Thank you from Artists for Peace!
Thank you for your support during Montreal ceremonies marking the indelible memory of Hiroshima and Nagasaki, organized by Mayor Pierre Bourque (Montreal).
Thank you for the undeniable love shown as an astrophysicist to our planet, supporting the recommendations of the IPCC (Intergovernmental Panel on Climate Change) and the requirements of the UN.
Thank you for the humility of your blue gaze knowing how to consider humanity with your benevolence as a committed humanist and ecologist, demonstrated in the NFB films filmed by Yolande Cadrin-Rossignol in 2003, Hubert Reeves: Star Teller, in 2011, Dialogues under the starry sky and the very recent in June 2023, The ocean seen from the heart, thus taking up titles from several of your works.
Without guilt-inducing morality, the affectionate grandfather favored a gentle approach to, with Frédéric Lenoir, persuade us of the need to leave a habitable world to our children. In The Time to Get Drunk (1986), the affection becomes rough as it paints a worrying portrait of the American and Russian nuclear arsenals.
The chronic inability of humans not to descend into stupidity and horror is a major stumbling block to any “optimistic” interpretation of the meaning of reality and evolution.

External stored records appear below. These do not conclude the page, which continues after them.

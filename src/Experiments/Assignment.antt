-- ===== src/Experiments/Assignment.antt =====
-- Dealing a campaign's population into the arms of an experiment: `split`, `_plan`, `plan_assignment` and `assign` of
-- web/services/experiments.py. The shuffle of the generator seeded on the experiment is a parameter.
use retail_segmentation.Prelude.{
  ℕ, zero, suc, ◌+◌, ◌%◌, Bool, false, not, ◌&&◌, ◌||◌, Option, none, some, List, [], ◌∷◌, ◌++◌,
  map, any, keep, length, ltb, ◌==◌, sort_by, Result, ok, ◌>>=◌, ◌>>◌, raise_if,
}
use retail_segmentation.Experiments.Lab.{
  Assigned, Campaign, Experiment, Group, Kind, Lab, Refusal, active, is_status, is_control,
  get_campaign, get_experiment, groups_of, control_groups, treatment_groups, assignments_of,
  experiment_not_found, no_control_group, no_treatment_group, already_assigned, no_campaign,
  campaign_not_active, nobody_to_assign, too_few_customers, customer_already_assigned,
  unknown_group,
}
use retail_segmentation.Experiments.Campaigns.{known}

-- The label and the description of an arm are those of its group.
pub record Arm : Type 0 where
  pub group_id : ℕ
  pub kind : Kind
  pub customers : List ℕ
  pub name : List ℕ
  pub treatment_description : List ℕ

pub record AssignmentPlan : Type 0 where
  pub experiment : Experiment
  pub label_code : ℕ
  pub arms : List Arm

-- `list_groups` and `list_group_definitions`: control first, then by id.
unfoldable pub list_groups : Lab → ℕ → List Group
unfolding sort_by
list_groups lab i =
    sort_by
      (λ (g : Group) (h : Group).
        (is_control g.kind && not (is_control h.kind))
        || ((not (is_control h.kind) || is_control g.kind) && ltb g.group_id h.group_id))
      (groups_of lab i)

-- `read_target_population`
unfoldable pub read_target_population : Lab → ℕ → List ℕ
unfolding sort_by
read_target_population lab label = sort_by ltb (
    map (λ row. row.0)
      (keep (λ (row : ℕ × Option ℕ). elim row.1 [ none ↦ false | some l ↦ l == label ])
        lab.open_labels))

-- The lists of the arms so far, in the order of the groups: the dict `dealt`, whose keys differ.
abbrev pub Dealt : Type 0
Dealt = List (List ℕ)

-- `dealt[groups[index][0]].append(customer)`
unfoldable pub deal_to : ℕ → ℕ → Dealt → Dealt
deal_to index customer [] = []
deal_to zero customer (d ∷ dealt) = (d ++ customer ∷ []) ∷ dealt
deal_to (suc index) customer (d ∷ dealt) = d ∷ deal_to index customer dealt

-- The loop over the shuffled population from `position` on, for `n` groups.
unfoldable pub deal : ℕ → ℕ → List ℕ → Dealt → Dealt
unfolding deal_to
deal n position [] dealt = dealt
deal n position (customer ∷ order) dealt =
    deal n (suc position) order (deal_to (position % n) customer dealt)

unfoldable pub arms_of : List Group → Dealt → List Arm
arms_of [] dealt = []
arms_of (g ∷ groups) [] = []
arms_of (g ∷ groups) (d ∷ dealt) =
    record {
      group_id = g.group_id;
      kind = g.kind;
      customers = d;
      name = g.name;
      treatment_description = g.treatment_description;
    }
    ∷ arms_of groups dealt

abbrev pub nothing_dealt : List Group → Dealt
nothing_dealt groups = map (λ (g : Group). []) groups

abbrev pub is_active : Option Campaign → Bool
is_active none = false
is_active (some c) = is_status c.status active

abbrev pub label_of : Option Campaign → ℕ
label_of none = 0
label_of (some c) = c.label_code

-- The rows to write, `(group_id, customer_id)`, arm by arm.
unfoldable pub rows_of : List Arm → List (ℕ × ℕ)
rows_of [] = []
rows_of (arm ∷ arms) = map (λ c. (arm.group_id, c)) arm.customers ++ rows_of arms

abbrev pub is_assigned : ℕ → ℕ → Assigned → Bool
is_assigned i customer a = a.experiment_id == i && a.customer_id == customer

abbrev pub is_group : ℕ → ℕ → Group → Bool
is_group i group g = g.group_id == group && g.experiment_id == i

abbrev pub with_assignment : Lab → ℕ → ℕ → ℕ → Lab
with_assignment lab i group customer = record lab {
  next_assignment_id = lab.next_assignment_id + 1;
  assignments =
      lab.assignments
      ++ record {
        assignment_id = lab.next_assignment_id;
        experiment_id = i;
        group_id = group;
        customer_id = customer;
        assigned_at = lab.now;
      }
        ∷ [];
}

-- One INSERT for each row, under `UNIQUE (experiment_id, customer_id)` and the key of the groups.
unfoldable pub insert_assignments : ℕ → List (ℕ × ℕ) → Lab → Result Refusal Lab
insert_assignments i [] lab = ok lab
insert_assignments i ((group, customer) ∷ rows) lab =
    raise_if (any (is_assigned i customer) lab.assignments) customer_already_assigned
    >> raise_if (not (any (is_group i group) lab.groups)) unknown_group
    >> insert_assignments i rows (with_assignment lab i group customer)

module _ (shuffle : ℕ → List ℕ → List ℕ) where
  unfoldable pub split : ℕ → List ℕ → List Group → List Arm
  unfolding deal arms_of sort_by
  split experiment_id customers groups = arms_of groups (
      deal (length groups) 0 (shuffle experiment_id (sort_by ltb customers)) (nothing_dealt groups))

  unfoldable pub plan_assignment : Lab → ℕ → Result Refusal AssignmentPlan
  unfolding list_groups read_target_population split
  plan_assignment lab i = do
    experiment ← known (get_experiment lab i) experiment_not_found
    raise_if (not (assignments_of lab.assignments i == 0)) already_assigned
    campaign_id ← known experiment.campaign_id no_campaign
    let campaign = get_campaign lab campaign_id
    raise_if (not (is_active campaign)) campaign_not_active
    raise_if (control_groups lab i == 0 && not (treatment_groups lab i == 2)) (no_control_group i)
    raise_if (treatment_groups lab i == 0) (no_treatment_group i)
    let customers = read_target_population lab (label_of campaign)
    raise_if (length customers == 0) nobody_to_assign
    let groups = list_groups lab i
    raise_if (ltb (length customers) (length groups)) too_few_customers
    ok (record {
      experiment = experiment;
      label_code = label_of campaign;
      arms = split i customers groups;
    })

  unfoldable pub assign : Lab → ℕ → Result Refusal (AssignmentPlan × Lab)
  unfolding plan_assignment rows_of insert_assignments
  assign lab i = do
    experiment ← known (get_experiment lab i) experiment_not_found
    plan ← plan_assignment lab i
    after ← insert_assignments i (rows_of plan.arms) lab
    ok (plan, after)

A second message that is even more difficult to receive: the horror will surely return. If so far it has spared us, it is because we have been lucky.
We must prepare to face it.
REFUSE to participate even passively.
Practice saying no.
Escape the endless logistics of revenge. (…)
There is always a good reason and the massacres continue in an endless sequence. Global refusal is the only possible way out.
The price to pay is to lose your life.
The prize to be won is to save “the” life, [i.e. to save life]
Hubert Reeves, in Space, takes the form of my gaze. Éditions l’Essentiel (pages 89-90) – a 1995 text illustrated with photographs by Mohror, classified in the bibliothèque Sciences (Sciences library) by Garneau bookstores.
His adventure as a poet began in 1981 with Patience d’Azur (Patience in the azure). Touted during the popular show “Apostrophes” by Bernard Pivot, the book sold a million copies and was translated into thirty languages.
Our condolences to his son and colleague at UQAM (University of Quebec in Montreal), Nicolas Reeves, full professor NXI GESTATIO Design Lab [arts design computer architecture].